ICU view: The Ministry of Finance typically prefers sub-100% rollover of FX-denominated bonds, but this time it targets a 100% rate. This likely implies the MoF is aiming to meet an ambitious net borrowing target in the local market. Therefore, the Ministry will likely be willing to match redemptions of local FX bonds with borrowings of the same size in the next three months. By the end of the year, the MoF has to redeem nearly US$900m of FX bonds, including US$350m in October, almost US$362m in November, and nearly US$188m in early December.
Bonds: Optimism for Eurobonds strengthens
Continued discussions of the size and form of new financial support for Ukraine strengthened investor optimism and drove Eurobond prices.
Last week, the presidents of Ukraine and the United States met in New York, with President Trump confirming the US’s continued support for Ukraine via sales of weapons through NATO partners. Later into the week, the German Chancellor stated in a column for the Financial Times that the EU is working on an interest-free loan for Ukraine for EUR140bn that relies on frozen russian assets. However, he noted that these funds should not be used for Ukraine's general budgetary needs, but should rather be directed to purchases of weapons and strengthening Europe's defences. The week concluded with an interview of the President of Ukraine. He said that he had asked for long-range missiles and President Trump promised to work on this request.
Ukrainian Eurobond prices rose by an average of 2% on Friday. VRIs' price rose by nearly 3% to almost 81 cents per dollar of notional value, the highest since mid-March.

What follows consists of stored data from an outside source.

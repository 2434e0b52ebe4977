-- ===== src/FileSystem.antt =====
-- The files that the operating system keeps, by their cleaned paths, and the calls of Go's package
-- os and of pkg/fileutil that the program makes. Which calls fail is the environment's choice.
use omni_blob.Base.{
  ℕ, Bool, true, false, ◌&&◌, not, Option, none, some, List, [], ◌∷◌, ◌++◌, if◌then◌else◌, Text,
  text_eq, has_prefix, ◌||◌, ◌≡◌, ap,
}
use omni_blob.FilePath.{slash}

-- A file has its bytes and the time of its last change.
pub data Node : Type 0 where
  file : List ℕ → ℕ → Node
  dir : Node

abbrev pub FileSystem : Type 0
FileSystem = Text → Option Node

abbrev pub is_some {ℓ} : {A : Type ℓ} → Option A → Bool
is_some none = false
is_some (some a) = true

-- fileutil.Exists, where `stat_fails` says that os.Stat fails for another reason than a missing file:
-- such a path counts as existing.
abbrev pub exists : Bool → FileSystem → Text → Bool
exists stat_fails fs p = stat_fails || is_some (fs p)

abbrev pub put : Text → Node → FileSystem → FileSystem
put p n fs q = if text_eq p q then some n else fs q

abbrev pub remove : Text → FileSystem → FileSystem
remove p fs q = if text_eq p q then none else fs q

-- os.Rename replaces a file at the new path.
abbrev pub rename : Text → Text → FileSystem → FileSystem
rename src dst fs = elim (fs src) [ none ↦ fs | some n ↦ put dst n (remove src fs) ]

-- fileutil.EnsureDir(filepath.Dir(p)): the directories above `p`.
abbrev pub ensure_parents : Text → FileSystem → FileSystem
ensure_parents p fs q =
    if not (is_some (fs q)) && has_prefix p (q ++ (slash ∷ [])) then some dir else fs q

abbrev pub is_dir : Option Node → Bool
is_dir (some dir) = true
is_dir (some (file bs t)) = false
is_dir none = false

-- What io.Copy reads: the bytes, and whether reading or writing breaks off behind them.
pub record Stream : Type 0 where
  pub bytes : List ℕ
  pub breaks : Bool

-- The calls that fail. The errors of the last four are dropped by the program: a first and a second
-- os.Stat that fail for another reason than a missing file, os.Remove, and the Close of a written
-- file, after which the bytes of `lost` are what is on the disk.
pub record Faults : Type 0 where
  pub mkdir_fails : Bool
  pub create_fails : Bool
  pub rename_fails : Bool
  pub stat_fails : Bool
  pub restat_fails : Bool
  pub remove_fails : Bool
  pub lost : Option (List ℕ)

abbrev pub no_faults : Faults
no_faults = record {
  mkdir_fails = false;
  create_fails = false;
  rename_fails = false;
  stat_fails = false;
  restat_fails = false;
  remove_fails = false;
  lost = none;
}

-- What is on the disk once a file that the bytes were written to is closed.
unfoldable pub written : Option (List ℕ) → List ℕ → List ℕ
written none bs = bs
written (some left) bs = left

pub written_all : (lost : Option (List ℕ)) (bs : List ℕ) → lost ≡ none → written lost bs ≡ bs
unfolding written
written_all lost bs e = ap (λ o. written o bs) e

-- os.Remove of a file, whose error is dropped.
unfoldable pub discard : Bool → Text → FileSystem → FileSystem
discard remove_fails p fs = if remove_fails then fs else remove p fs
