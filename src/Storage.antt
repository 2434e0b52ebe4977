-- ===== src/Storage.antt =====
-- internal/storage/storage.go: the stored files. SHA-256 and the calendar are parameters.
pub mod Paths
pub mod Apart
pub mod Objects
pub mod Cas
pub mod Layout
pub mod Files
pub mod Migrate
use omni_blob.Base.{
  ℕ, zero, suc, ◌+◌, ◌-◌, ◌*◌, ◌/◌, ◌%◌, ◌^◌, ◌≤◌, ◌<◌, String, ◌≡◌, refl, sym, ap, ◌∙◌, fun_ext,
  ◌≢◌, ◌↔◌, ◌⊎◌, inl, inr, Bool, true, false, ◌&&◌, ◌||◌, not, Option, none, some, List, [], ◌∷◌,
  ◌++◌, map, reverse, arith, ltb, leb, ◌==◌, if◌then◌else◌, ltb→lt, lt→ltb, leb→le, ==_iff, tests,
  Bool-cases, Option-cases, length, length-append, take, keep_if, any_of, all_of, head_of, All, Any,
  length-keep_if-le, keep_if-append, All-append, Text, codes, text_eq, text_eq_iff, text_eq_refl,
  is_empty, or_else, has_prefix, has_prefix-append, has_prefix-common, has_prefix_self,
  has_prefix-map, trim_prefix, has_byte, contains, drop_while, trim_if, is_space, trim_space,
  lower_byte, to_lower, cons_head, split_on, first_piece, decimal, contains_text, Assoc, lookup,
  insert, delete, lookup-insert, lookup-delete,
}
use omni_blob.FilePath.{slash, join, dir_name, base_name, clean, is_abs}
use omni_blob.FileSystem.{
  FileSystem, Node, file, dir, exists, put, written, discard, remove, rename, ensure_parents,
  is_some, is_dir, Stream, Faults,
}

pub record StorageService : Type 0 where
  pub root_path : Text
  pub legacy_path : Text
  pub sharding_type : Text

-- crypto/sha256 with encoding/hex: 64 digits, none of them a slash.
pub record Hash : Type 0 where
  pub sum : List ℕ → Text
  pub sum_length : (bs : List ℕ) → length (sum bs) ≡ 64
  pub sum_whole : (bs : List ℕ) → has_byte slash (sum bs) ≡ false

pub data StorageError : Type 0 where
  file_exists mkdir_failed create_failed copy_failed rename_failed not_found : StorageError

-- The relative path, the checksum and the size.
pub record Saved : Type 0 where
  pub rel_path : Text
  pub checksum : Text
  pub size : ℕ

pub data Outcome : Type 0 where
  saved : Saved → Outcome
  error : StorageError → Outcome

-- os.Create: an empty file that the copy fills. It is refused where a directory stands.
abbrev pub create_refused : Faults → FileSystem → Text → Bool
create_refused faults fs p = faults.create_fails || is_dir (fs p)

abbrev pub temp_name : ℕ → Text
temp_name nano = codes "temp_" ++ decimal nano

abbrev pub temp_path : StorageService → ℕ → Text
temp_path s nano =
    join (s.root_path ∷ join (codes "objects" ∷ codes "temp" ∷ temp_name nano ∷ []) ∷ [])

abbrev pub object_rel : Text → Text
object_rel h = join (codes "objects" ∷ h ∷ [])

abbrev pub object_path : StorageService → Text → Text
object_path s h = join (s.root_path ∷ object_rel h ∷ [])

-- The end of SaveCAS, with the whole stream in the temporary file.
unfoldable pub commit_cas :
    StorageService
    → Faults
    → (FileSystem → FileSystem)
    → Text
    → Saved
    → FileSystem
    → FileSystem × Outcome
commit_cas s faults others temp result fs =
    let dest = object_path s result.checksum in
    if exists faults.stat_fails fs dest
    then (discard faults.remove_fails temp fs, saved result)
    else let fs' = others fs in
      if not faults.rename_fails && is_some (fs' temp)
      then (rename temp dest fs', saved result)
      else (
        discard faults.remove_fails temp fs',
        if exists faults.restat_fails fs' dest then saved result else error rename_failed,
      )

-- SaveCAS. `nano` is the clock's reading in the temporary name, `now` the time of the write, and
-- `others` is what other requests do between the check of the object and the renaming.
unfoldable pub save_cas :
    Hash
    → StorageService
    → Faults
    → (FileSystem → FileSystem)
    → ℕ
    → ℕ
    → Stream
    → FileSystem
    → FileSystem × Outcome
save_cas sha s faults others nano now stream fs =
    let temp = temp_path s nano in
    if faults.mkdir_fails
    then (fs, error mkdir_failed)
    else let fs1 = ensure_parents temp fs in
      if create_refused faults fs1 temp
      then (fs1, error create_failed)
      else let fs2 = put temp (file (written faults.lost stream.bytes) now) fs1 in
        if stream.breaks
        then (discard faults.remove_fails temp fs2, error copy_failed)
        else let h = sha.sum stream.bytes in
          commit_cas s faults others temp
            (record { rel_path = object_rel h; checksum = h; size = length stream.bytes }) fs2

ICU view: Continued military support from the US through NATO and the preparation of a massive new EU support program for Ukraine have been the main catalysts for an increase in Eurobond prices. With regard to Chancellor Merz's comments, the key question is whether the EU will find it possible to provide funds for Ukraine for general budgetary needs. The potential financial package of EUR140bn could potentially fully cover the state budget needs for the next four years, even in the downside scenario of a prolonged war. However, should Germany insist that the funds be used exclusively for purchase of weapons, Ukraine will likely struggle to raise funds to finance other budgetary needs.
FX: Hryvnia fluctuation range broadens
Last week, the NBU let the hryvnia weaken to almost UAH41.5/US$, decreasing interventions.
Last week, the NBU reduced its interventions to US$560m, again below the average weekly volume since the start of the full-scale war. At the same time, the NBU allowed the hryvnia exchange rate to fluctuate in a wider range. Last week, the official hryvnia exchange rate approached to UAH41.5/US$, the maximum since early August.
ICU view: Lower hard currency shortage due to the lack of one-off demand from governmental agencies allowed the NBU to again reduce FX sales from international reserves. At the same time, the National Bank has moved to show that it is prepared to widen the hryvnia fluctuations band.